Conjecture is still rife as to what went wrong for Broner. He really had looked the part at the two lower weights. Perhaps the leap of almost a stone in weight was too much too soon for him? He has sensibly begun his rehabilitation in the light-welterweight division, winning two clear points decisions against Carlos Molina and Emmanuel Taylor. On Saturday he faces the biggest threat yet to his successful return to the summit, in John Molina, 27-5 (22). Molina is not as good a boxer as Emmanuel Taylor, but he punches a whole lot harder. Despite losing four of his last seven fights, three of them were to former or current championship belt-holders, Antonio DeMarco, Humberto Soto and the infamous brawl he had with Lucas Matthysse.
Broner, 29-1 (22), would have taken on board the events in the latter fight, in which Molina twice floored the elite Argentine, had him cut and appeared to be on the brink of a famous victory before sanity prevailed and Matthysse got himself back into the fight. Matthysse eventually punched the resistance out of Molina for an eleventh round stoppage, but watching the fight as an unashamed Matthysse acolyte, I had my heart in my mouth for the whole fight. Molina, as the Americans might say, can’t box a lick – he was being almost humiliated by Hank Lundy and Mickey Bey, losing every round of each fight before getting his heavy punches home and pulling victory out of the fire.
The problem for Broner also is that both Lundy and Bey are fancy dans and were able to pot shot the slow moving Molina from the outside, building huge points leads before succumbing. This is not Broner’s style. He likes to stand in the pocket, with his Mayweather-esque raised shoulder defence, and pick off his man with short punches inside. This strategy will leave him vulnerable to Molina’s power. The truth is though that if Broner cannot deal with the likes of Molina, he has no chance of returning to the elite level. He must win this fight. The manner in which he wins might tell us something about his current standing in the game. Molina has fought so many of the top fighters around these weights and there will therefore be plenty of yardsticks by which to measure Broner’s performance. Molina has only been stopped twice, one of those a first-rounder before he had got into gear. I believe he will be tough enough to go the distance but will probably suffer a wide points defeat. However, Broner must keep his concentration for the whole 12 rounds, this is not a gimme by any stretch of the imagination.
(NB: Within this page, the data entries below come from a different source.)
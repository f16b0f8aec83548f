-- ===== src/Session/Init.antt =====
-- src/protocol/session.c: `session_init_from_handshake`, and the two sessions of one handshake.
use mldsa_auth.Base.{
  Bool, Bool-cases, List, Option, arith, drop, drop-append, if◌then◌else◌, inl, inr, length,
  length-drop, length-take, none, not, refl, some, sym, take, take-append, true, ℕ, ◌&&◌, ◌++◌,
  ◌==◌, ◌||◌, ◌∙◌, ◌≡◌,
}
use mldsa_auth.Crypto.Kex.{kex_dir_c2s, kex_dir_s2c}
use mldsa_auth.Handshake.{Ctx, session_keys_len}
use mldsa_auth.Handshake.Init.{handshake_ctx_wipe}
use mldsa_auth.Handshake.Keys.{
  handshake_get_handshake_id, handshake_is_peer_confirmed, handshake_session_key_c2s,
  handshake_session_key_s2c, is_established, key_at,
}
use mldsa_auth.Pending.{Store}
use mldsa_auth.Session.{
  Limits, Role, Session, Status, active, err_expired, has_block, initiator, invalid_arg, is_empty,
  is_initiator, limits_valid, ok, resource_exhausted, responder, session_default_limits, uint64_max,
  unexpected_state,
}
use mldsa_auth.Session.RoundTrip.{InSync}

-- The status, the session and the handshake context. `limits` is none for NULL, `memory` whether
-- `secure_mem_alloc` gives the key block. The handshake is consumed: its context is wiped, which
-- in the state it is in leaves the ledger alone.
unfoldable pub session_init_from_handshake :
    Session → Ctx → Option Limits → ℕ → Bool → Store → ℕ → Status × Session × Ctx × Store
session_init_from_handshake s hs limits now memory pending now_wipe =
    let eff : Limits = elim limits [ none ↦ session_default_limits | some l ↦ l ] in
    let c2s = (handshake_session_key_c2s hs).1 in
    let s2c = (handshake_session_key_s2c hs).1 in
    let hs_id = (handshake_get_handshake_id hs).1 in
    if not (is_empty s.state) || has_block s.keys
    then (unexpected_state, s, hs, pending)
    else if not (elim limits [ none ↦ true | some l ↦ limits_valid l ])
    then (invalid_arg, s, hs, pending)
    else elim hs.role [
      | none ↦ (unexpected_state, s, hs, pending)
      | some role ↦ elim c2s [
        | none ↦ (unexpected_state, s, hs, pending)
        | some key_c2s ↦ elim s2c [
          | none ↦ (unexpected_state, s, hs, pending)
          | some key_s2c ↦
              if not (is_established hs)
              then (unexpected_state, s, hs, pending)
              else if not (is_initiator role) && not (handshake_is_peer_confirmed hs)
              then (unexpected_state, s, hs, pending)
              else if now == uint64_max
              then (err_expired, s, hs, pending)
              else if not memory
              then (resource_exhausted, s, hs, pending)
              else let (wiped, pending') = handshake_ctx_wipe hs pending now_wipe in
                (
                  ok,
                  record {
                    state = active;
                    role = role;
                    peer_confirmed = not (is_initiator role);
                    keys =
                        some (if is_initiator role then key_c2s ++ key_s2c else key_s2c ++ key_c2s);
                    send_dir = if is_initiator role then kex_dir_c2s else kex_dir_s2c;
                    recv_dir = if is_initiator role then kex_dir_s2c else kex_dir_c2s;
                    handshake_id = hs_id;
                    send_seq = 0;
                    recv_seq = 0;
                    start_ms = now;
                    limits = eff;
                  },
                  wiped,
                  pending',
                )
        ]
      ]
    ]

-- The session that a successful init makes of a context with its two keys.
abbrev made : Ctx → Role → Option Limits → ℕ → List ℕ → List ℕ → Session
made hs role limits now key_c2s key_s2c = record {
  state = active;
  role = role;
  peer_confirmed = not (is_initiator role);
  keys = some (if is_initiator role then key_c2s ++ key_s2c else key_s2c ++ key_c2s);
  send_dir = if is_initiator role then kex_dir_c2s else kex_dir_s2c;
  recv_dir = if is_initiator role then kex_dir_s2c else kex_dir_c2s;
  handshake_id = hs.handshake_id;
  send_seq = 0;
  recv_seq = 0;
  start_ms = now;
  limits = elim limits [ none ↦ session_default_limits | some l ↦ l ];
}

init_made :
    (s : Session) (hs : Ctx) (limits : Option Limits) (now : ℕ) (memory : Bool) (pending : Store)
    (t : ℕ) (role : Role) (keys : List ℕ)
    → hs.role ≡ some role
    → hs.session_keys ≡ some keys
    → (session_init_from_handshake s hs limits now memory pending t).0 ≡ ok
    → (session_init_from_handshake s hs limits now memory pending t).1
      ≡ made hs role limits now (take 32 (drop 0 keys)) (take 32 (drop 32 keys))
unfolding session_init_from_handshake handshake_session_key_c2s handshake_session_key_s2c
    handshake_get_handshake_id key_at
init_made s hs limits now memory pending t role keys e f h = elim (Bool-cases (is_established hs)) [
  | inr est ↦ absurd (ground (arith, e, f, est))
  | inl est ↦ ground (arith, e, f, est)
]

-- The two key blocks of one handshake are each other's halves in the other order.
halves :
    (keys : List ℕ)
    → length keys ≡ session_keys_len
    → (take 32 (take 32 (drop 0 keys) ++ take 32 (drop 32 keys)) ≡ take 32 (drop 0 keys))
      × (drop 32 (take 32 (drop 32 keys) ++ take 32 (drop 0 keys)) ≡ take 32 (drop 0 keys))
      × (take 32 (take 32 (drop 32 keys) ++ take 32 (drop 0 keys)) ≡ take 32 (drop 32 keys))
      × (drop 32 (take 32 (drop 0 keys) ++ take 32 (drop 32 keys)) ≡ take 32 (drop 32 keys))
halves keys h =
    let a : length (take 32 (drop 0 keys)) ≡ 32 =
      omega (arith, h, length-take 32 (drop 0 keys), length-drop 0 keys) in
    let b : length (take 32 (drop 32 keys)) ≡ 32 =
      omega (arith, h, length-take 32 (drop 32 keys), length-drop 32 keys) in
    (
      take-append 32 (take 32 (drop 0 keys)) (take 32 (drop 32 keys)) a,
      drop-append 32 (take 32 (drop 32 keys)) (take 32 (drop 0 keys)) b,
      take-append 32 (take 32 (drop 32 keys)) (take 32 (drop 0 keys)) b,
      drop-append 32 (take 32 (drop 0 keys)) (take 32 (drop 32 keys)) a,
    )

-- The sessions that the two sides make of one handshake, whose contexts hold the same keys and the
-- same handshake id, are in step in both directions, whatever limits each side asked for.
pub session_init-InSync :
    (s r : Session) (hs peer : Ctx) (limits limits' : Option Limits) (now now' : ℕ)
    (memory memory' : Bool) (pending pending' : Store) (t t' : ℕ) (keys : List ℕ)
    → hs.role ≡ some initiator
    → peer.role ≡ some responder
    → hs.session_keys ≡ some keys
    → peer.session_keys ≡ some keys
    → length keys ≡ session_keys_len
    → hs.handshake_id ≡ peer.handshake_id
    → (session_init_from_handshake s hs limits now memory pending t).0 ≡ ok
    → (session_init_from_handshake r peer limits' now' memory' pending' t').0 ≡ ok
    → let mine = (session_init_from_handshake s hs limits now memory pending t).1 in
      let theirs = (session_init_from_handshake r peer limits' now' memory' pending' t').1 in
      InSync mine theirs × InSync theirs mine
session_init-InSync s r hs peer limits limits' now now' memory memory' pending pending' t t' keys i
      j k k' size id h h' =
    let (a, b, c, d) = halves keys size in
    rw
      (
        init_made s hs limits now memory pending t initiator keys i k h,
        init_made r peer limits' now' memory' pending' t' responder keys j k' h',
      )
      (
        record { key = a ∙ sym b; handshake = id; direction = refl; seq = refl },
        record { key = c ∙ sym d; handshake = sym id; direction = refl; seq = refl },
      )
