-- ===== src/Session/Terminal.antt =====
-- How each call of src/protocol/session.c leaves the session: as it was, one message further, or
-- at an end with its keys wiped.
use mathlib.Core.Option
use mldsa_auth.Base.{
  Bool, List, Option, [], arith, drop, false, if_elim, inl, inr, leb, length, ltb, none, not, refl,
  replicate, some, take, true, ℕ, ◌&&◌, ◌+◌, ◌-◌, ◌==◌, ◌||◌, ◌∷◌, ◌≡◌, ◌⊎◌,
}
use mldsa_auth.Base.Bytes.{all_zero, bytes_eq}
use mldsa_auth.Crypto.Aead.{Aead}
use mldsa_auth.Session.{
  Outcome, Session, State, Status, active, auth, empty, err_expired, expired, failed, internal,
  invalid_arg, is_active, key_block_len, limit, limits_valid, load_be16, malformed, ok,
  out_of_order, pad_bucket_valid, ranges_overlap, replay, resource_exhausted, session_age_ms,
  session_content_len_bytes, session_header_bytes, session_max_content_bytes,
  session_max_record_bytes, session_min_record_bytes, session_record_type, terminate,
  unexpected_state,
}
use mldsa_auth.Session.Open.{body}
use mldsa_auth.Session.Padding.{limits_bound}
use mldsa_auth.Session.Records.{open_finish, open_inner, seal_finish, session_open, session_seal}

-- `session_terminate` has run: no key is left, no peer counts as confirmed, and no later call works.
pub record IsEnded (before after : Session) : Type 0 where
  pub state : (after.state ≡ expired) ⊎ (after.state ≡ failed)
  pub keys : after.keys ≡ Option.map (λ block. replicate key_block_len 0) before.keys
  pub confirmed : after.peer_confirmed ≡ false
  pub limits : after.limits ≡ before.limits

abbrev pub is_ok : Status → Bool
is_ok ok = true
is_ok invalid_arg = false
is_ok unexpected_state = false
is_ok malformed = false
is_ok replay = false
is_ok out_of_order = false
is_ok auth = false
is_ok limit = false
is_ok err_expired = false
is_ok resource_exhausted = false
is_ok internal = false

-- The three ways in which a call ends: the status says which.
pub data Left (s : Session) : Outcome → Type 0 where
  refused :
      {o : Outcome}
      → (o.status ≡ invalid_arg) ⊎ (o.status ≡ unexpected_state)
      → o.session ≡ s
      → Left s o
  went_on :
      {o : Outcome}
      → o.status ≡ ok
      → o.session.state ≡ active
      → o.session.keys ≡ s.keys
      → o.session.limits ≡ s.limits
      → Left s o
  ended : {o : Outcome} → is_ok o.status ≡ false → IsEnded s o.session → Left s o

active_of : (x : State) → is_active x ≡ true → x ≡ active
active_of active h = refl
active_of empty h = absurd (cc)
active_of expired h = absurd (cc)
active_of failed h = absurd (cc)

terminate-IsEnded :
    (s : Session) (x : State) → (x ≡ expired) ⊎ (x ≡ failed) → IsEnded s (terminate s x)
unfolding terminate
terminate-IsEnded s x h = record { state = h; keys = refl; confirmed = refl; limits = refl }

-- An end of the session that a call reports.
ending :
    (s : Session) (x : State) (why : Status) (out : List ℕ)
    → is_ok why ≡ false
    → (x ≡ expired) ⊎ (x ≡ failed)
    → Left s (record { status = why; session = terminate s x; out = out; len = 0 })
ending s x why out not_ok h = ended not_ok (terminate-IsEnded s x h)

seal_finish-Left :
    (s : Session) (next seq need : ℕ) (o : Option (List ℕ))
    → is_active s.state ≡ true
    → Left s (seal_finish (record s { send_seq = next }) seq need o)
unfolding seal_finish terminate
seal_finish-Left s next seq need none up =
    ended refl (record { state = inr refl; keys = refl; confirmed = refl; limits = refl })
seal_finish-Left s next seq need (some ct) up =
    if_elim (Left s) (length ct + session_header_bytes == need)
      (λ h. went_on refl (active_of s.state up) refl refl)
      (λ h. ended refl (record { state = inr refl; keys = refl; confirmed = refl; limits = refl }))

open_inner-Left :
    (s : Session) (seq body : ℕ) (inner : List ℕ)
    → is_active s.state ≡ true
    → Left s (open_inner s seq body inner)
unfolding open_inner
open_inner-Left s seq body inner up =
    if_elim (Left s) (ltb (body - session_content_len_bytes) (load_be16 inner))
      (λ h. ending s failed malformed (replicate body 0) refl (inr refl))
      (λ h.
        if_elim (Left s)
          (not (body - session_content_len_bytes - load_be16 inner == 0)
            && not (all_zero (drop (session_content_len_bytes + load_be16 inner) inner)))
          (λ h. ending s failed malformed (replicate body 0) refl (inr refl))
          (λ h. went_on refl (active_of s.state up) refl refl))

open_finish-Left :
    (s : Session) (seq body : ℕ) (o : Option (List ℕ))
    → is_active s.state ≡ true
    → Left s (open_finish s seq body o)
unfolding open_finish
open_finish-Left s seq body none up = ending s failed auth (replicate body 0) refl (inr refl)
open_finish-Left s seq body (some inner) up =
    if_elim (Left s) (length inner == body) (λ h. open_inner-Left s seq body inner up)
      (λ h. ending s failed auth (replicate body 0) refl (inr refl))

-- With valid limits, `session_seal` leaves the session as it was and reports misuse, or succeeds and
-- leaves it active with the same keys and limits, or fails and ends it with the keys wiped and no
-- peer confirmed.
pub seal-Left :
    (a : Aead) (s : Session) (now : ℕ) (pt : List ℕ) (pt_at out_at room : ℕ)
    → limits_valid s.limits ≡ true
    → Left s (session_seal a s now pt pt_at out_at room)
unfolding session_seal
seal-Left a s now pt pt_at out_at room valid =
    if_elim (Left s) (ltb session_max_content_bytes (length pt)) (λ h. refused (inl refl) refl)
      (λ h0.
        if_elim (Left s) (not (is_active s.state)) (λ h. refused (inr refl) refl)
          (λ up.
            if_elim (Left s) (not (pad_bucket_valid s.limits.pad_bucket))
              (λ h. absurd (ground (arith, limits_bound s.limits valid)))
              (λ h1.
                if_elim (Left s) (ltb room _ || ranges_overlap pt_at (length pt) out_at _)
                  (λ h. refused (inl refl) refl)
                  (λ h2.
                    if_elim (Left s)
                      (leb s.limits.reject_after_ms (session_age_ms s now)
                        || leb s.limits.reject_after_messages s.send_seq)
                      (λ h. ending s expired err_expired [] refl (inl refl))
                      (λ h3. seal_finish-Left s _ _ _ _ (ground arith))))))

-- `session_open` leaves the session as it was and reports misuse, or succeeds and leaves it active
-- with the same keys and limits, or fails and ends it with the keys wiped and no peer confirmed.
pub open-Left :
    (a : Aead) (s : Session) (now : ℕ) (rec : List ℕ) (rec_at pt_at room : ℕ)
    → Left s (session_open a s now rec rec_at pt_at room)
unfolding session_open
open-Left a s now rec rec_at pt_at room =
    if_elim (Left s) (ranges_overlap rec_at (length rec) pt_at _) (λ h. refused (inl refl) refl)
      (λ h0.
        if_elim (Left s) (not (is_active s.state)) (λ h. refused (inr refl) refl)
          (λ up.
            if_elim (Left s) (leb s.limits.reject_after_ms (session_age_ms s now))
              (λ h. ending s expired err_expired [] refl (inl refl))
              (λ h1.
                if_elim (Left s)
                  (ltb (length rec) session_min_record_bytes
                    || ltb session_max_record_bytes (length rec)
                    || not (bytes_eq (take 1 rec) (session_record_type ∷ [])))
                  (λ h. ending s failed malformed [] refl (inr refl))
                  (λ h2.
                    if_elim (Left s) (ltb room _) (λ h. refused (inl refl) refl)
                      (λ h3.
                        if_elim (Left s) (ltb _ s.recv_seq)
                          (λ h. ending s failed replay [] refl (inr refl))
                          (λ h4.
                            if_elim (Left s) (ltb s.recv_seq _)
                              (λ h. ending s failed out_of_order [] refl (inr refl))
                              (λ h5.
                                if_elim (Left s) (leb s.limits.reject_after_messages _)
                                  (λ h. ending s failed limit [] refl (inr refl))
                                  (λ h6. open_finish-Left s _ _ _ (ground arith)))))))))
The NBC broadcast is scheduled to run for two and a half hours, which means we should also get a look at former three weight champion Abner Mares. Mares, 28-1-1 (15), still deserves to be considered an elite fighter at featherweight, where he now seems to have settled. Saturday’s fight with fellow Mexican Arturo Santos Reyes is his third back after his catastrophic first round knockout defeat to Jhonny Gonzalez, when he lost his WBC title. His profile has faded quite dramatically due to his inactivity since that loss, and he needs a spectacular victory on Saturday to revive fan interest. Reyes, 18-4 (5), is a former Mexican Olympian, but his progress in the pro ranks has been relatively disappointing. He is now being used as high quality, but not dangerous, opposition to contenders. He has never been stopped, despite boxing in good class, and will probably go the 10 rounds to lose widely on points.